# EXERCISE OBJECTIVE:
From the data below, copy each line that includes the word "kept".

# DATASET RECORDS:
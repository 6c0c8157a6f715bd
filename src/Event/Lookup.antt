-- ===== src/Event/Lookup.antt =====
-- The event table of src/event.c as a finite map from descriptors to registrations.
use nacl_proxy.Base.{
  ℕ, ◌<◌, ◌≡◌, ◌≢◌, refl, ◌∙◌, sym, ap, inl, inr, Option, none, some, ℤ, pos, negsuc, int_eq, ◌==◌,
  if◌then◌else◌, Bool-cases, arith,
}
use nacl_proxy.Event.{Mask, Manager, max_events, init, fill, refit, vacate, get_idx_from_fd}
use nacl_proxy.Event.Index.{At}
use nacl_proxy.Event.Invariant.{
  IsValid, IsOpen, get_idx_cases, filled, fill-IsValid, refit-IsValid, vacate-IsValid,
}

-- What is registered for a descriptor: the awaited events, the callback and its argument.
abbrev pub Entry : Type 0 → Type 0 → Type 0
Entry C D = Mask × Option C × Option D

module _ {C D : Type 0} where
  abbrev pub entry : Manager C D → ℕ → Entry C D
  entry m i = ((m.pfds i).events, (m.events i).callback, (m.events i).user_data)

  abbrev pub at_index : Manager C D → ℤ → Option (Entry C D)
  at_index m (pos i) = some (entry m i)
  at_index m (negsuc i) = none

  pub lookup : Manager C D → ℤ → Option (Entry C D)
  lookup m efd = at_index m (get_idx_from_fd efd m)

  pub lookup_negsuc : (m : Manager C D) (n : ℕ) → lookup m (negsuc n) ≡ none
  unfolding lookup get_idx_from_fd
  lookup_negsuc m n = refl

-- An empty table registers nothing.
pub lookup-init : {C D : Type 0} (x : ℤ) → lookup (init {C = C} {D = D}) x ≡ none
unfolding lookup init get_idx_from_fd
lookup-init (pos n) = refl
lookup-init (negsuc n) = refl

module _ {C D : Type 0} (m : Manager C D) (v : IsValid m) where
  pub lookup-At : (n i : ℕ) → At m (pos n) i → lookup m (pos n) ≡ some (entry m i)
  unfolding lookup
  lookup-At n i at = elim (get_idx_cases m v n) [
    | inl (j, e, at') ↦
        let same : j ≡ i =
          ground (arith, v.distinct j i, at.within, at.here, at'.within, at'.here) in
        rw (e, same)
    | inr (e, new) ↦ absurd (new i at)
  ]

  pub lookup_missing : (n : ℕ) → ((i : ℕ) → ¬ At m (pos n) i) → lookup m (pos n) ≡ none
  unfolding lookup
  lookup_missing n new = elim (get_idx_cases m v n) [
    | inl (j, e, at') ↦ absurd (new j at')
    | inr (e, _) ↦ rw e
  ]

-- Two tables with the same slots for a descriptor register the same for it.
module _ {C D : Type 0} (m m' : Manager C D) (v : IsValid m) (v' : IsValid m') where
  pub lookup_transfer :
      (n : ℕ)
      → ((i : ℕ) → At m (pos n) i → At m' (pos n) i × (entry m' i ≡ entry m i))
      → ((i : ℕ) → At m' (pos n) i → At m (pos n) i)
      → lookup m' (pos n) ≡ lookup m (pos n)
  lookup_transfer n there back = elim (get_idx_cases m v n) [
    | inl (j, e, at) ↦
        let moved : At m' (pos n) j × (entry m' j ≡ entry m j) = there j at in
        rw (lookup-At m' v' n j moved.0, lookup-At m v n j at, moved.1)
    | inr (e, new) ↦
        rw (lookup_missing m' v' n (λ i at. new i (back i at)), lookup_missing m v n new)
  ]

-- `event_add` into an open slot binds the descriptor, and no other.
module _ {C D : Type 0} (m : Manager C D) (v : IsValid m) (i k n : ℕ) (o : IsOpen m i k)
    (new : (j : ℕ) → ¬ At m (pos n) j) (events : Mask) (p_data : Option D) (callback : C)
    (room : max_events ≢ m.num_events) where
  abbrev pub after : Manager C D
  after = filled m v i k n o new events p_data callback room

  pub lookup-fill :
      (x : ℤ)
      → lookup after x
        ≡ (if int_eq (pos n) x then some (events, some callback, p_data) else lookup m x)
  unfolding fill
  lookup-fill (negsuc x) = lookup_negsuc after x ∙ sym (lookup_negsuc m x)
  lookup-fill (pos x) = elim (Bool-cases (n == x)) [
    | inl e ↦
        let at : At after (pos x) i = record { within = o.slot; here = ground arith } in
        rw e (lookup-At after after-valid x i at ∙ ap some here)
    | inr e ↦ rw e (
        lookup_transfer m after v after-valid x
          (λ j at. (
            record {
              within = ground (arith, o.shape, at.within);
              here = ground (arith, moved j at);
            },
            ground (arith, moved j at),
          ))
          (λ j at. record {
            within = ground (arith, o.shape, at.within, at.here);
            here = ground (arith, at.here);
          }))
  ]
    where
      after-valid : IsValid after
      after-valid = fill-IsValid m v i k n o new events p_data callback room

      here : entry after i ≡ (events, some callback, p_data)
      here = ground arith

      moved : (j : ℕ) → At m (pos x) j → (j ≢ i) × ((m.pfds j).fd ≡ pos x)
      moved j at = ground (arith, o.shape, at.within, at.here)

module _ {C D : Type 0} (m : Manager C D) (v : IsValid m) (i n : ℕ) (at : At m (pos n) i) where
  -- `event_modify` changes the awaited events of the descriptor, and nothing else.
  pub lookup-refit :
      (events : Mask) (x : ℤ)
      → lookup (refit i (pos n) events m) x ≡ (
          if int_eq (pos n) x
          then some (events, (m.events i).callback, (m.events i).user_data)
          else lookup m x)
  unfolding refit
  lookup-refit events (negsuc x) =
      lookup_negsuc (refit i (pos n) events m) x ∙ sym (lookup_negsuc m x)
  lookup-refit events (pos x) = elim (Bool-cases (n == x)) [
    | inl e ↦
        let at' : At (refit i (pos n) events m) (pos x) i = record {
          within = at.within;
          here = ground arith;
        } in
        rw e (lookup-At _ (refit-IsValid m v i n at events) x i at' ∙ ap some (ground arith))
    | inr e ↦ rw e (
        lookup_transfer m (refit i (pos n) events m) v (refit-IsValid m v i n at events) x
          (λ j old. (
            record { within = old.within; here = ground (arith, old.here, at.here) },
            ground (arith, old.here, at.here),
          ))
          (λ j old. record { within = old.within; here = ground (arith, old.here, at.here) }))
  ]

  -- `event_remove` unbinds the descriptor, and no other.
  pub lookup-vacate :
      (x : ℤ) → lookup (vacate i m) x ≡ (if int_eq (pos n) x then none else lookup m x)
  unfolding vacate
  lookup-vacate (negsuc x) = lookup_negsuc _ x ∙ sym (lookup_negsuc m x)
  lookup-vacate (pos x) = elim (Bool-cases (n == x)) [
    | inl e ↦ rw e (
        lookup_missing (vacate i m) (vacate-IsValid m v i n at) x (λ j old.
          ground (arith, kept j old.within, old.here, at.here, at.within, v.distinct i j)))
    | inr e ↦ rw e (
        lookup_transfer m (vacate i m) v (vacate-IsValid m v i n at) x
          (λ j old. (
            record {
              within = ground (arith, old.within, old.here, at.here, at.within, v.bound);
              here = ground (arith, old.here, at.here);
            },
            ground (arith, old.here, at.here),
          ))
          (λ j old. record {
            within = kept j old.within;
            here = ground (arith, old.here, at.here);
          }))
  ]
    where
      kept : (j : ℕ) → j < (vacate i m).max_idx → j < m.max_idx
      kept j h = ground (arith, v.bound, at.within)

---

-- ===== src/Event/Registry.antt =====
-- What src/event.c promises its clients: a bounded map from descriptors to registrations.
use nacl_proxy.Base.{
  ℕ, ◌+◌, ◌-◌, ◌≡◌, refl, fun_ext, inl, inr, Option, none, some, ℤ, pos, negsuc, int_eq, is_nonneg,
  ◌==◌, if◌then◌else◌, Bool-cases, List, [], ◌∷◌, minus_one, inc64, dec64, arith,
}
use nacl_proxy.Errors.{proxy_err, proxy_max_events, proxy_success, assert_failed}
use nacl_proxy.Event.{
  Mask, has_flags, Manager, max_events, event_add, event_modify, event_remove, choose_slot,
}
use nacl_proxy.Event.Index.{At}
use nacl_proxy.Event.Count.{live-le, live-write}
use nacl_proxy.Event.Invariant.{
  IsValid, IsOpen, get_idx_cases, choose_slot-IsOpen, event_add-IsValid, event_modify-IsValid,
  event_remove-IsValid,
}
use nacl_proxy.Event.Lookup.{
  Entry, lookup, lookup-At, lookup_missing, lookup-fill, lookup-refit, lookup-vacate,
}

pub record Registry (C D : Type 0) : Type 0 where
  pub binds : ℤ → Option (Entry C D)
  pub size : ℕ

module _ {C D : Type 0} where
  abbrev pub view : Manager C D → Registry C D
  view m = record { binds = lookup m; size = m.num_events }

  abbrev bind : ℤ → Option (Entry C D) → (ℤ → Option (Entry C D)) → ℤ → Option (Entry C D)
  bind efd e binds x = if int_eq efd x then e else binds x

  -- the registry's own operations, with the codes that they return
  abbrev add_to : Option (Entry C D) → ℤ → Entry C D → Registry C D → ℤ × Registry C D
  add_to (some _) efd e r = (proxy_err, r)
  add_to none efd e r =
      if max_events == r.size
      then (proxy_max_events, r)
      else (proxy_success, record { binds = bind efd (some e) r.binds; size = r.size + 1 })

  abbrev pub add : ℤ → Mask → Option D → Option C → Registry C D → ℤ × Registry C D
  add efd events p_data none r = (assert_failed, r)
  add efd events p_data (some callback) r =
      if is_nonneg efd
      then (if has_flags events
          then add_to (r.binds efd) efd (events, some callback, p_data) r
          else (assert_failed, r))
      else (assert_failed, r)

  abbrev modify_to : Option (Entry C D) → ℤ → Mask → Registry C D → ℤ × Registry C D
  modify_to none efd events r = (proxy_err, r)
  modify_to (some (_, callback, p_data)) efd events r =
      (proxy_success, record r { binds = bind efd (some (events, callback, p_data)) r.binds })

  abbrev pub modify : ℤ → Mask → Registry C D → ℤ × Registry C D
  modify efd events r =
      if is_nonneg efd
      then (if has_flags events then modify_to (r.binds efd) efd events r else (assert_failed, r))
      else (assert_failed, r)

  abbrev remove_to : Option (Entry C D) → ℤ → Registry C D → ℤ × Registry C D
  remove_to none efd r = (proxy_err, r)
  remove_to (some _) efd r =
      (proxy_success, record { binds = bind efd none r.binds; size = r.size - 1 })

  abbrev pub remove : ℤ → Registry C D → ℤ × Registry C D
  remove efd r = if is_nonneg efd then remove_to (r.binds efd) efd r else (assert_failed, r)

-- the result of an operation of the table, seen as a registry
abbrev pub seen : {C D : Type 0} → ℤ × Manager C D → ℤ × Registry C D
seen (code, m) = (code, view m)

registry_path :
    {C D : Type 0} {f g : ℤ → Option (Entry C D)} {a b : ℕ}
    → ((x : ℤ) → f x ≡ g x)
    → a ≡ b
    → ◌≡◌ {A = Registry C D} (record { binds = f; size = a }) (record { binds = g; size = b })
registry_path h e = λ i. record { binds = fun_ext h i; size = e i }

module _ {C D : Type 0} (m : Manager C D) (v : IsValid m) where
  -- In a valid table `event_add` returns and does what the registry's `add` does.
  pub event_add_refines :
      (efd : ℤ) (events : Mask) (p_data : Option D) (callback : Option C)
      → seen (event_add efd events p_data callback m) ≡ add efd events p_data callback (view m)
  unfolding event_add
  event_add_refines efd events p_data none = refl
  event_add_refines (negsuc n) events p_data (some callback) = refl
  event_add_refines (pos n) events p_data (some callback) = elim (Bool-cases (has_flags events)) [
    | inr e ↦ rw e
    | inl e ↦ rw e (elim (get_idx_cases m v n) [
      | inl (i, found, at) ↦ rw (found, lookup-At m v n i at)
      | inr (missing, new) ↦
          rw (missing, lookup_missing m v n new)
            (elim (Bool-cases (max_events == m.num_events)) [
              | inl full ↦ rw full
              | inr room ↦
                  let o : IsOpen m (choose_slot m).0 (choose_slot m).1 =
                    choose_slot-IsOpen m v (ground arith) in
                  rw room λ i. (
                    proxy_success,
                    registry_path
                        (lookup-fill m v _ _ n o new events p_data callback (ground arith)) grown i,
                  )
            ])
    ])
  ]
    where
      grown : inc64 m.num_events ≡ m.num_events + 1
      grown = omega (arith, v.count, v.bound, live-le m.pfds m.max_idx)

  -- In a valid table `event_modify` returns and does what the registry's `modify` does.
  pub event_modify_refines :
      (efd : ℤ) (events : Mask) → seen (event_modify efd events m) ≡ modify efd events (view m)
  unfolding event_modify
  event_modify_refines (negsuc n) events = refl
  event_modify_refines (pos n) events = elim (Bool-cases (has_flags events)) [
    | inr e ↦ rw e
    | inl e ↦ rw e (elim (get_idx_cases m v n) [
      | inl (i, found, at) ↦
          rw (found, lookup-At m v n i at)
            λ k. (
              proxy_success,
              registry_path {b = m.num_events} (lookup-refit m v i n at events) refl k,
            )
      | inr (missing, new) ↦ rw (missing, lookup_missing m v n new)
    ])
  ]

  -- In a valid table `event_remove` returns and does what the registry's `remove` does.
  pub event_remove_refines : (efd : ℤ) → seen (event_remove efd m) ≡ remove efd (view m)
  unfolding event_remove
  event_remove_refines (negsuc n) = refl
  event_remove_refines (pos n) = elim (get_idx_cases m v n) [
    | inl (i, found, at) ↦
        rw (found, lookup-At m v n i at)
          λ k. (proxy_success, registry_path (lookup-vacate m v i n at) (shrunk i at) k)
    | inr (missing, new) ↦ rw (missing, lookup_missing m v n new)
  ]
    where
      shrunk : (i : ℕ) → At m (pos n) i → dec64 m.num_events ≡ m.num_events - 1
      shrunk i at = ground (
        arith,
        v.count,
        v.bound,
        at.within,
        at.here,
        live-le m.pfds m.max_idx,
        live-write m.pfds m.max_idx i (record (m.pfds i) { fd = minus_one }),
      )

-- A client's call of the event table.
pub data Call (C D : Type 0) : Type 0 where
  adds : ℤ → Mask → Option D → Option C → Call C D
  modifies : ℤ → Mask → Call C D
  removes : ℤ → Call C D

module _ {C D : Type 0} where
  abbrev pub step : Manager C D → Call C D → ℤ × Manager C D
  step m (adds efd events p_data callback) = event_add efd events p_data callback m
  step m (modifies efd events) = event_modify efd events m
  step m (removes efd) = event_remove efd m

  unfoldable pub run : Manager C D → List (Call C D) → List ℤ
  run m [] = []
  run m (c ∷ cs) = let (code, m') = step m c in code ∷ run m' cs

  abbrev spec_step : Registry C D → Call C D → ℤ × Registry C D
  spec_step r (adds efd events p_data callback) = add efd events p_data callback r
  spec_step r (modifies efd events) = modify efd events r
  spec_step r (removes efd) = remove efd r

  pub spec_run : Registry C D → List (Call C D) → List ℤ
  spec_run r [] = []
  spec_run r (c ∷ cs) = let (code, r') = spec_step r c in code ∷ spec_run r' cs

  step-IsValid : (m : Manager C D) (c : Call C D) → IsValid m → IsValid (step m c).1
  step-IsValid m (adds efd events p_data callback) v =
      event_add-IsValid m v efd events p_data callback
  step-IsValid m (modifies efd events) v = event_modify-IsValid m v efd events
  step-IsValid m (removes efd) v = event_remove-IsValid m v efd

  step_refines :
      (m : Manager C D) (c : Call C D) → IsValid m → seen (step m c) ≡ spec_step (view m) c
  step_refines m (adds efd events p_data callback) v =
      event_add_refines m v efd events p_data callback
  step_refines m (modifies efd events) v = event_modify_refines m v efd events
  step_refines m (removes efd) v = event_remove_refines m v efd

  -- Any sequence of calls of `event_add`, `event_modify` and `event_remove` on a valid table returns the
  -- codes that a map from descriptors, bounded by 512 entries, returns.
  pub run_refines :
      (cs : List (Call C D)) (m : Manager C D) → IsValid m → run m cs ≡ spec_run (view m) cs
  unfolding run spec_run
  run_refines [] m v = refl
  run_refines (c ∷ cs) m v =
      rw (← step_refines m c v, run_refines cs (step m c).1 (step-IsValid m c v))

# TASK OUTPUT:
          ground (arith, kept j old.within, old.here, at.here, at.within, v.distinct i j)))
            within = kept j old.within;
      kept : (j : ℕ) → j < (vacate i m).max_idx → j < m.max_idx
      kept j h = ground (arith, v.bound, at.within)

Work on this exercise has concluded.